Now, Harvard researchers says they have devised a chemical reaction mediated by a mutated, lab-developed enzyme called Staphylococcus aureus Sortase A (eSrtA), which not only catalyzes the linking of peptides, but has the ability to break them apart repeatedly. With the new method, implant device coatings could potentially regenerate their bioactive molecules continually.

"We found that through a two-step process of removing and replacing bioactive coatings, eSrtA enables rapid, repeated thin-film regeneration in the presence of whole blood in vitro and in vivo," said David Liu, PhD, professor of chemistry and chemical biology at Harvard University, and a Howard Hughes Medical Institute Investigator, in a press release. "We also developed a series of new enzymes that recognize a variety of distinct peptide sequences that could be put to work in a similar manner."
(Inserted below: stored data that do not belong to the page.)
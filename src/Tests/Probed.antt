-- ===== src/Tests/Probed.antt =====
-- Runs of the probes of a page and of the download of the browser.
use socket_server.Prelude.{refl, true, false, some, List, [], ◌∷◌}
use socket_server.Prelude.Bytes.{codes, eqb}
use socket_server.Prelude.Int.{pos}
use socket_server.Boce.{Task, BoceChecker, Call, redirect, failed, loaded, boce, update}
use socket_server.Boce.Counted.{Answers, can_run, good, boce-Answers}
use socket_server.Boce.Chromium.{BrowserHost, Events, unpacks, ensure_chromium}
use socket_server.Boce.Chromium.Ready.{Ends, ensure_chromium-Ends}

-- The first task finds the browser closed and is redirected at its second attempt, the other is not.
abbrev two_tasks : List Task
two_tasks =
    record {
      first = failed (codes "Connection is closed.");
      second = loaded (codes "http://b/" ∷ []) 2;
      duration = 9;
    }
    ∷ record { first = loaded [] 1; second = loaded [] 1; duration = 5 }
    ∷ []

abbrev redirects : Call
redirects = record {
  mode = redirect;
  thread_count = pos 1;
  chromium_path = codes "/opt/socket/chrome-linux/chrome";
  probes = [];
  tasks = two_tasks;
  elapsed = 12;
  executable = true;
  browser_starts = true;
}

-- Counters of an earlier call.
abbrev used : BoceChecker
used = record {
  r_checker = record { total = 4; success = 1; fail = 3; time_consumed = 90 };
  p_checker = some (record { total = 2; success = 2; fail = 0; time_consumed = 40 });
}

boce-Answers_example :
    Answers
      (can_run redirect redirects (update used))
      2
      (good redirect redirects)
      (boce (λ s t. codes "50.00%") redirects used).0
boce-Answers_example = boce-Answers (λ s t. codes "50.00%") redirects used

abbrev without_browser : BrowserHost
without_browser = record { executable = false; stagings = 0; browser_lock = false; hints = [] }

abbrev listing : Events
listing = record {
  made = true;
  while_waiting = false;
  removed = true;
  entries = some (codes "1095492/" ∷ codes "LAST_CHANGE" ∷ codes "1100000/" ∷ []);
  download = λ revision. unpacks (eqb revision (codes "1100000"));
}

ensure_chromium-Ends_example :
    Ends listing without_browser (ensure_chromium listing without_browser)
ensure_chromium-Ends_example = ensure_chromium-Ends listing without_browser refl
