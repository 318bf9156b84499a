-- ===== src/Tests/Replayed.antt =====
-- Runs of the packet parsers, the flow table and the frame rewriting of socket_server/replayer.py.
use socket_server.Prelude.{◌≡◌, refl, none, some, List, [], ◌∷◌, ◌++◌, arith, take, drop, replicate}
use socket_server.Prelude.Bytes.{Bytes, codes, eqb}
use socket_server.Replayer.Packet.{FiveTuple, tcp, parse_ethernet, parse_vlan}
use socket_server.Replayer.Flow.{Direction, uplink, Hints, Flows, reversed, get_direction}
use socket_server.Replayer.Flow.Steps.{direction_of, get_direction_kept}
use socket_server.Frame.{Cmsg, add_or_modify_vlan, restore_vlan, find_auxdata, tag_of}
use socket_server.Frame.Tags.{
  parse-add_or_modify_vlan, parse-restore_vlan, parse-add_or_modify_vlan_retags,
}

abbrev key : FiveTuple
key = record {
  mac_src = 1 ∷ [];
  mac_dst = 2 ∷ [];
  ip_src = codes "10.0.0.1";
  ip_dst = codes "10.0.0.2";
  sport = some 1000;
  dport = some 80;
  proto = tcp;
}

abbrev no_hints : Hints
no_hints = record { client_ip_hint = none; server_ip_hint = none }

abbrev empty : Flows
empty = record { flow_table = []; flow_count = 0 }

-- The table knows the reverse of the flow.
abbrev answered : Flows
answered = record {
  flow_table = (reversed key, record { direction = uplink; first_seen_time = (0, 0) }) ∷ [];
  flow_count = 1;
}

get_direction_kept_example :
    let (d, s') = get_direction no_hints key 6 2 (5, 6) answered in
    (direction_of key s'.flow_table ≡ some d)
    × ((k : FiveTuple) (d' : Direction)
        → direction_of k answered.flow_table ≡ some d'
        → direction_of k s'.flow_table ≡ some d')
get_direction_kept_example = get_direction_kept no_hints key 6 2 (5, 6) answered

-- The header of an IPv4 packet with the checksum field at byte 10.
abbrev before : Bytes
before = 69 ∷ 0 ∷ 0 ∷ 20 ∷ 0 ∷ 1 ∷ 0 ∷ 0 ∷ 64 ∷ 6 ∷ []

abbrev after : Bytes
after = 10 ∷ 0 ∷ 0 ∷ 1 ∷ 10 ∷ 0 ∷ 0 ∷ 2 ∷ []

abbrev untagged : Bytes
untagged = 1 ∷ 1 ∷ 1 ∷ 1 ∷ 1 ∷ 1 ∷ 2 ∷ 2 ∷ 2 ∷ 2 ∷ 2 ∷ 2 ∷ 8 ∷ 0 ∷ 69 ∷ []

-- The bytes 16 to 19 hold the TCI 5 and no TPID.
abbrev aux : Bytes
aux = replicate 16 0 ++ (5 ∷ 0 ∷ 0 ∷ 0 ∷ [])

abbrev ancdata : List Cmsg
ancdata = record { cmsg_level = 263; cmsg_type = 8; cmsg_data = aux } ∷ []

parse-add_or_modify_vlan_example :
    (tagged : Bytes) × (add_or_modify_vlan untagged (some 100) ≡ some tagged)
    × (parse_ethernet tagged
        ≡ some (record {
          dst = replicate 6 1;
          src = replicate 6 2;
          eth_type = 0x8100;
          payload = drop 14 tagged;
        }))
    × (parse_vlan (drop 14 tagged)
        ≡ some (record { vlan_id = 100; eth_type = 2048; payload = 69 ∷ [] }))
unfolding eqb
parse-add_or_modify_vlan_example =
    parse-add_or_modify_vlan untagged 100 (omega arith) (omega arith) refl

parse-restore_vlan_example :
    (parse_ethernet (restore_vlan untagged ancdata)
      ≡ some (record {
        dst = replicate 6 1;
        src = replicate 6 2;
        eth_type = 0x8100;
        payload = drop 14 (restore_vlan untagged ancdata);
      }))
    × (parse_vlan (drop 14 (restore_vlan untagged ancdata))
        ≡ some (record { vlan_id = 5; eth_type = 2048; payload = 69 ∷ [] }))
unfolding find_auxdata tag_of
parse-restore_vlan_example =
    parse-restore_vlan untagged ancdata aux 0x8100 5 (omega arith) refl refl (omega arith)
      (omega arith)

-- A frame with the tag 7 and the payload 69, 0, 20.
abbrev tagged_frame : Bytes
tagged_frame = take 12 untagged ++ (129 ∷ 0 ∷ 0 ∷ 7 ∷ 8 ∷ 0 ∷ 69 ∷ 0 ∷ 20 ∷ [])

parse-add_or_modify_vlan_retags_example :
    (tagged : Bytes) × (add_or_modify_vlan tagged_frame (some 100) ≡ some tagged)
    × (parse_ethernet tagged
        ≡ some (record {
          dst = replicate 6 1;
          src = replicate 6 2;
          eth_type = 0x8100;
          payload = drop 14 tagged;
        }))
    × (parse_vlan (drop 14 tagged)
        ≡ some (record { vlan_id = 100; eth_type = 0x4500; payload = 20 ∷ [] }))
unfolding eqb
parse-add_or_modify_vlan_retags_example =
    parse-add_or_modify_vlan_retags tagged_frame 100 (omega arith) (omega arith) refl
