-- ===== src/Tests/Rewritten.antt =====
-- Runs of the packet rewriting and of the replay of socket_server/replayer.py.
use socket_server.Prelude.{
  ◌≡◌, refl, true, false, none, some, List, [], ◌∷◌, ◌++◌, arith, take, drop, replicate,
}
use socket_server.Prelude.Bytes.{Bytes, codes, eqb, pack_le32}
use socket_server.Frame.{checksum}
use socket_server.Replayer.Packet.{Inet, ipv4, parse_ip, FiveTuple, tcp}
use socket_server.Replayer.Flow.{uplink, FlowInfo, find_flow, key_eqb, port_eqb, proto_eqb}
use socket_server.Replayer.Build.Run.{by_length, udp_target, udp_rest, udp_new, rewrite_v4_run}
use socket_server.Replayer.Build.Header.{rewrite_v4-parsed}
use socket_server.Replayer.Modify.{Force, modify_packet}
use socket_server.Replayer.Modify.Turn.{modify_packet-kept}
use socket_server.Replayer.Replay.{Io, Config, Replayer, replay_files}
use socket_server.Replayer.Replay.Counts.{AllAgree, replay_files-Agrees}

abbrev plain_inet : Inet
plain_inet = record { ntoa = λ b. b; ntop = λ b. b }

rewrite_v4-parsed_example :
    (parse_ip plain_inet udp_new
      ≡ some (record {
        version = ipv4;
        ip_src = 10 ∷ 0 ∷ 0 ∷ 1 ∷ [];
        ip_dst = 10 ∷ 0 ∷ 0 ∷ 2 ∷ [];
        proto = 17;
        trans = drop 20 udp_new;
      }))
    × (checksum (take 20 udp_new) ≡ 0)
rewrite_v4-parsed_example =
    rewrite_v4-parsed by_length udp_target 97 [] 98 (98 ∷ []) (10 ∷ 0 ∷ 0 ∷ 1 ∷ [])
      (10 ∷ 0 ∷ 0 ∷ 2 ∷ []) refl refl refl refl refl refl plain_inet 69 udp_rest udp_new
      (ground arith) (ground arith) (ground arith) refl (omega arith) (omega arith) rewrite_v4_run

abbrev force : Force
force = record {
  force_ip_src = some (codes "a");
  force_ip_dst = none;
  force_sport = some 7;
  force_dport = none;
}

abbrev key : FiveTuple
key = record {
  mac_src = [];
  mac_dst = [];
  ip_src = codes "1";
  ip_dst = codes "2";
  sport = none;
  dport = none;
  proto = tcp;
}

abbrev info : FlowInfo
info = record { direction = uplink; first_seen_time = (0, 0) }

-- A frame with the tag 5 of priority 0.
abbrev tagged : Bytes
tagged = replicate 12 1 ++ (129 ∷ 0 ∷ 0 ∷ 5 ∷ 8 ∷ 0 ∷ 69 ∷ udp_rest)

modify_packet-kept_example :
    modify_packet plain_inet by_length force ((key, info) ∷ []) tagged (some key) uplink
    ≡ some tagged
unfolding find_flow key_eqb eqb port_eqb proto_eqb
modify_packet-kept_example =
    modify_packet-kept plain_inet by_length force ((key, info) ∷ []) tagged key info uplink refl
      (omega arith)

-- A world that holds what was sent, the last first; one capture file has the frame of `udp_rest`.
abbrev sent_io : Io (List Bytes)
sent_io = record {
  send = λ iface pkt w. (true, pkt ∷ w);
  create = λ file w. (true, w);
  write = λ file b w. (true, w);
  close = λ file w. w;
  read_file = λ path w. some (
      replicate 24 0
      ++ (replicate 8 0
          ++ (pack_le32 42 ++ (pack_le32 42 ++ (replicate 12 1 ++ (8 ∷ 0 ∷ 69 ∷ udp_rest))))));
  usec = λ ts. ts.1;
}

abbrev config : Config
config = record {
  uplink_iface = codes "eth0";
  downlink_iface_arg = none;
  uplink_vlan = none;
  downlink_vlan = none;
  force = force;
  force_build_flow = true;
  hints = record { client_ip_hint = none; server_ip_hint = none };
  cache_enabled = true;
}

abbrev replayer : Replayer (List Bytes)
replayer = record {
  total_files = 0;
  total_packets = 0;
  total_bytes = 0;
  uplink_packets = 0;
  downlink_packets = 0;
  uplink_bytes = 0;
  downlink_bytes = 0;
  flows = record { flow_table = []; flow_count = 0 };
  uplink_pcap_writer = false;
  downlink_pcap_writer = false;
  single_pcap_writer = false;
  world = [];
}

replay_files-Agrees_example :
    AllAgree sent_io plain_inet by_length config
      (replay_files sent_io plain_inet by_length config (codes "a" ∷ []) replayer)
replay_files-Agrees_example =
    replay_files-Agrees sent_io plain_inet by_length config (codes "a" ∷ []) replayer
The Harvard study "establish a rapid, orthogonal and reversible scheme, which can be used to regenerate selective molecular constituents with the potential to extend the lifetime of bioactive films, or likewise, as a method to load and release any of a number of material bound constituents for controlled drug loading and delivery, or as a strategy for material dissolution," the researchers wrote in the study abstract, as published in the journal Nature.

Bacterial enzymes similar to eSrtA, such as streptokinase, uricase, and asparaginase have been used clinically for years, but further studies will need to confirm if eSrtA itself will provoke an immune or inflammatory response, an important consideration for device implants. Researchers also need to determine how the new bioactive coating needs to be regenerated, how long it would last, and when the components eventually would be rendered inaccessible by biologic processes, according to the release.

"Many thousands of people depend on implantable devices with bioactive constituents for their health and well-being, so finding a strategy that will ensure the long-term efficacy of these devices is of paramount importance," said lead author Elliot Chaikof, MD, PhD, Chair of Surgery at Beth Israel Deaconess Medical Center (BIDMC), Professor of Surgery at Harvard Medical School, and an associate faculty member of Harvard's Wyss Institute of Biologically Inspired Engineering,  in the release.

"While this research is relatively early stage, it opens the door to a new way of approaching and addressing this clinical challenge," Dr. Chaikof added.

Other biomedical engineers are experimenting with several legacy and newer materials for medical device coatings with antimicrobial and antithrombogenic properties, including liquid-infused polymers, gold nanoparticles, and bioresorbables.